Famous Atheists
Albert Einstein
"I do not believe in a personal God and I have never denied this but have expressed it clearly. If something is in me which can be called religion than it is the unbounded admiration for the structure of the world so far as our science can reveal it."
"I cannot imagine a God who rewards and punishes the objects of his creation, whose purposes are modeled after our own -- a God, in short, who is but a reflection of human frailty. Neither can I believe that the individual survives the death of his body, although feeble souls harbor such thoughts through fear or ridiculous egotism."
"I do not believe in the immortality of the individual, and I consider ethics to be an exclusively human concern with no superhuman authority behind it."
"If people are good only because they fear punishment, and hope for a reward, then we are a sorry lot indeed."
-Albert Einstein, German-born American physicist
Aldous Huxley
"You never see animals going through the absurd and often horrible fooleries of magic and religion. Only man behaves with such gratuitous folly. It is the price he has to pay for being intelligent but not, as yet, intelligent enough."
-Aldous Huxley, author "Roots"
Andrew Carnegie
"I don’t believe in God. My god is patriotism. Teach a man to be a good citizen and you have solved the problem of life."
- Andrew Carnegie, Scottish-born American industrialist and philanthropist
Isaac Asimov
"I am an atheist, out and out. It took me a long time to say it. I've been an atheist for years and years, but somehow I felt it was intellectually unrespectable to say that one is an atheist, because it assumed knowledge that one didn't have. Somehow it was better to say one was a humanist or agnostic. I don't have the evidence to prove that God doesn't exist, but I so strongly suspect that he doesn't that I don't want to waste my time."
"Creationists make it sound like a 'theory' is something you dreamt up after being drunk all night"
-Isaac Asimov, Russian-born - American author
Ernest Hemingway
"All thinking men are atheists."
On page 144 of Paul Johnson's book Intellectuals, it states that despite being raised in a strict Congregationalist household, Ernest "did not only not believe in God but regarded organized religion as a menace to human happiness", "seems to have been devoid of the religious spirit", and "ceased to practise religion at the earliest possible moment."
Other's have pointed out that Hemingway used the non-existence of God as a theme in his books.
- Ernest Hemingway, American author (1899-1961).
Bertrand Russell
"Religion is based . . . mainly on fear . . . fear of the mysterious, fear of defeat, fear of death. Fear is the parent of cruelty, and therefore it is no wonder if cruelty and religion have gone hand in hand. . . . My own view on religion is that of Lucretius. I regard it as a disease born of fear and as a source of untold misery to the human race."
"Fear is the parent of cruelty, therefore it is no wonder if religion and cruelty have gone hand-in-hand."
"I believe that when I die I shall rot, and nothing of my ego will survive. I am not young, and I love life. But I should scorn to shiver with terror at the thought of annihilation. Happiness is none the less true happiness because it must come to an end, nor do thought and love lose their value because they are not everlasting."
"I am myself a dissenter from all known religions, and I hope that every kind of religious belief will die out."

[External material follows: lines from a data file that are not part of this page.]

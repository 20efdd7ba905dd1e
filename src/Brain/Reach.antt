-- ===== src/Brain/Reach.antt =====
-- brain_local.go and maintain.go of brainlocal: from a link that is triggered to the worker's queue.
use rmodel.Brain.{
  Brain, BrainLink, BrainNeuron, Chan, Event, Memory, link_ready_event, try_activate_event,
}
use rmodel.Brain.Cast.{ready_link, set_link_state}
use rmodel.Brain.Drain.{run_brain_maintainer}
use rmodel.Brain.Drain.Sends.{head_or_rest}
use rmodel.Brain.Faults.{link_ready_round, try_activate_once, with_ids}
use rmodel.Brain.Firing.{some_ready}
use rmodel.Brain.Invariant.{IsBrain}
use rmodel.Brain.Invariant.Queues.{known_chan, set_link_state-IsBrain}
use rmodel.Brain.Life.{start_and_trig, trig_each, trig_link}
use rmodel.Brain.Maintain.{handle, handle_neuron_event, maintain}
use rmodel.Brain.Power.{
  ensure_maintainer_start, is_activated, is_init, is_ready, refresh_state, set_state,
}
use rmodel.Brain.Queue.{is_shutdown, publish_event, send}
use rmodel.Brain.Quiet.{all_values, is_quiet, refresh_state_lem}
use rmodel.Brain.Step.{returned}
use rmodel.Core.{BrainState, brain_running, end_neuron_id, link_ready}
use rmodel.Shared.{
  Bool, Bool-cases, List, String, [], ap, arith, false, inl, inr, is_some, length, ltb-true, none,
  refl, some, sym, true, ℕ, ◌<◌, ◌==◌, ◌∙◌, ◌∷◌, ◌≡◌,
}
use rmodel.Shared.Maps.{Map, insert, lookup, lookup-inserted}

-- A brain with other links and events, in another state.
abbrev pub with_events :
    {M : Type 0} → Map BrainLink → ℕ → List Event → BrainState → Brain M → Brain M
with_events links cap events state b = record b {
  links = links;
  b_queue = some (record { items = events; cap = cap; is_closed = false });
  state = state;
}

publish_first :
    {M : Type 0} (event : Event) (b : Brain M) (cap : ℕ)
    → is_shutdown b.state ≡ false
    → b.b_queue ≡ some (record { items = []; cap = cap; is_closed = false })
    → 0 < cap
    → publish_event event b ≡ returned tt (with_events b.links cap (event ∷ []) b.state b)
unfolding publish_event send
publish_first event b cap s e room = simp (publish_event, e, s, send, ltb-true 0 cap room) refl

not_all :
    {V : Type 0} (p : V → Bool) (k : String) (v : V) (m : Map V)
    → lookup k m ≡ some v
    → p v ≡ false
    → all_values p m ≡ false
unfolding lookup
not_all p k v [] e h = cc e
not_all p k v ((j, x) ∷ m) e h =
    let (here, there) = head_or_rest (j == k) x v (lookup k m) e in
    elim (Bool-cases (j == k)) [
      | inl c ↦ ground (arith, ap p (here c), h)
      | inr c ↦ ground (arith, not_all p k v m (there c) h)
    ]

-- While a link is ready, a refresh sets the brain running.
refresh_running :
    {M : Type 0} (b : Brain M) (k : String) (l : BrainLink)
    → lookup k b.links ≡ some l
    → is_init l.state ≡ false
    → refresh_state b ≡ returned tt (set_state brain_running b)
refresh_running b k l e h = refresh_state_lem b ∙ simp (awake_still) refl
  where
    awake_still : is_quiet b ≡ false
    awake_still = ground (arith, not_all (λ x. is_init x.state) k l b.links e h)

module _ {M : Type 0} ⦃mem : Memory M⦄ (b : Brain M) (cap : ℕ) (k : String) (l : BrainLink)
    (n : BrainNeuron) where
  trig_first :
      is_shutdown b.state ≡ false
      → b.b_queue ≡ some (record { items = []; cap = cap; is_closed = false })
      → 0 < cap
      → lookup k b.links ≡ some l
      → is_ready l.state ≡ false
      → start_and_trig (k ∷ []) b
        ≡ returned none (
            with_events
              (insert l.id (record l { state = link_ready }) b.links)
              cap
              (link_ready_event l.id ∷ [])
              brain_running
              b)
  unfolding start_and_trig ensure_maintainer_start trig_each trig_link ready_link set_link_state
      set_state
  trig_first s e room there r =
      let b1 : Brain M = record b {
        links = insert l.id (record l { state = link_ready }) b.links;
      } in
      simp
        (
          start_and_trig,
          ensure_maintainer_start,
          s,
          trig_each,
          there,
          trig_link,
          r,
          ready_link,
          set_link_state,
          publish_first (link_ready_event l.id) b1 cap s e room,
          refresh_running (with_events b1.links cap (link_ready_event l.id ∷ []) b.state b) l.id
              (record l { state = link_ready })
              (lookup-inserted l.id (record l { state = link_ready }) b.links) refl,
        )
        refl

  link_round :
      (links : Map BrainLink) (lr : BrainLink)
      → 0 < cap
      → lookup l.id links ≡ some lr
      → is_init lr.state ≡ false
      → lookup lr.to b.neurons ≡ some n
      → maintain (link_ready_event l.id) (with_events links cap [] brain_running b)
        ≡ returned tt (with_events links cap (try_activate_event n.id ∷ []) brain_running b)
  unfolding maintain handle set_state
  link_round links lr room there r to =
      simp
        (
          link_ready_round (with_events links cap [] brain_running b) l.id lr n there to,
          publish_first (try_activate_event n.id) (with_events links cap [] brain_running b) cap
              refl refl room,
          refresh_running (with_events links cap (try_activate_event n.id ∷ []) brain_running b)
              l.id lr there r,
        )
        refl

  activate_round :
      (ids : String → Bool) (links : Map BrainLink) (lr : BrainLink) (p : Chan String)
      → IsBrain ids (with_events links cap [] brain_running b)
      → lookup l.id links ≡ some lr
      → is_init lr.state ≡ false
      → lookup n.id b.neurons ≡ some n
      → is_activated n.state ≡ false
      → some_ready links n.trigger_groups ≡ true
      → (n.id == end_neuron_id) ≡ false
      → b.n_queue ≡ some p
      → length p.items < p.cap
      → maintain (try_activate_event n.id) (with_events links cap [] brain_running b)
        ≡ returned tt (with_ids p (n.id ∷ []) (with_events links cap [] brain_running b))
  unfolding maintain handle handle_neuron_event set_state
  activate_round ids links lr p w there r here inactive some_group not_end q room =
      let b1 : Brain M = with_events links cap [] brain_running b in
      simp
        (
          maintain,
          handle,
          handle_neuron_event,
          here,
          try_activate_once ids n b1 p w (w.wired.triggers n.id n here) inactive refl some_group
              not_end q room,
          refresh_running (with_ids p (n.id ∷ []) b1) l.id lr there r,
        )
        refl

  -- In an awake, well formed brain with no event in the maintainer's channel: a link that is
  -- triggered and was not ready, and that completes a trigger group of the inactive neuron it leads
  -- to, gets this neuron into the channel of the workers, where that has room. The trigger returns
  -- without an error, and two rounds of the maintainer, with nobody in between, leave its channel
  -- empty and the brain running.
  pub trig-run_brain_maintainer :
      (ids : String → Bool) (p : Chan String)
      → IsBrain ids b
      → b.b_queue ≡ some (record { items = []; cap = cap; is_closed = false })
      → b.n_queue ≡ some p
      → length p.items < p.cap
      → lookup k b.links ≡ some l
      → is_ready l.state ≡ false
      → lookup l.to b.neurons ≡ some n
      → is_activated n.state ≡ false
      → (n.id == end_neuron_id) ≡ false
      → some_ready (insert l.id (record l { state = link_ready }) b.links) n.trigger_groups ≡ true
      → (b' : Brain M) × (start_and_trig (k ∷ []) b ≡ returned none b')
        × (run_brain_maintainer 2 b'
            ≡ returned tt (
                with_ids p (n.id ∷ []) (
                  with_events
                    (insert l.id (record l { state = link_ready }) b.links)
                    cap
                    []
                    brain_running
                    b)))
  unfolding run_brain_maintainer
  trig-run_brain_maintainer ids p w e q room there r to inactive not_end some_group =
      let links : Map BrainLink = insert l.id (record l { state = link_ready }) b.links in
      let lr : BrainLink = record l { state = link_ready } in
      let found : lookup l.id links ≡ some lr = lookup-inserted l.id lr b.links in
      let (closed, cap_eq, short) = known_chan _ b.b_queue _ e w.b_open in
      let free : 0 < cap = omega (arith, cap_eq) in
      let linked =
        set_link_state-IsBrain ids l link_ready b w (
          ap ids (w.wired.links_keyed k l there)
          ∙ sym (w.wired.links_there k)
          ∙ ap is_some there) in
      let w1 : IsBrain ids (with_events links cap [] brain_running b) = record {
        wired = linked.wired;
        awake = refl;
        sized = w.sized;
        b_open =
            (record { items = []; cap = cap; is_closed = false }, refl, refl, cap_eq, omega arith);
        n_open = w.n_open;
      } in
      (
        with_events links cap (link_ready_event l.id ∷ []) brain_running b,
        trig_first w.awake e free there r,
        simp
            (
              link_round links lr free found refl to,
              activate_round ids links lr p w1 found refl
                  (ap (λ j. lookup j b.neurons) (w.wired.neurons_keyed l.to n to) ∙ to) inactive
                  some_group not_end q room,
            )
            refl,
      )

- Bertrand Russell, British philosopher, educator, mathematician, and social critic (1872-1970).
John Stuart Mill
"The time appears to me to have come when it is the duty of all to make their dissent from religion known."
- John Stuart Mill, English philosopher and economist (1806-1873). Freethinker, if not strictly atheist.
George Orwell (1903-1950).
Orwell's biography calls him an atheist. His books also have themes that are explicitly and/or suggestively anti-religious. In Animal Farm, the parody was a raven named Moses who told the animals stories about a great mountain in the sky that they would go to when they died, called Sugar Candy Mountain. In 1984, the concept of Big Brother is a parody of God: You never see him, but the fact of him is drilled into so many people's minds that they become robots, almost. Plus, if you speak bad against Big Brother, it's a Thoughtcrime.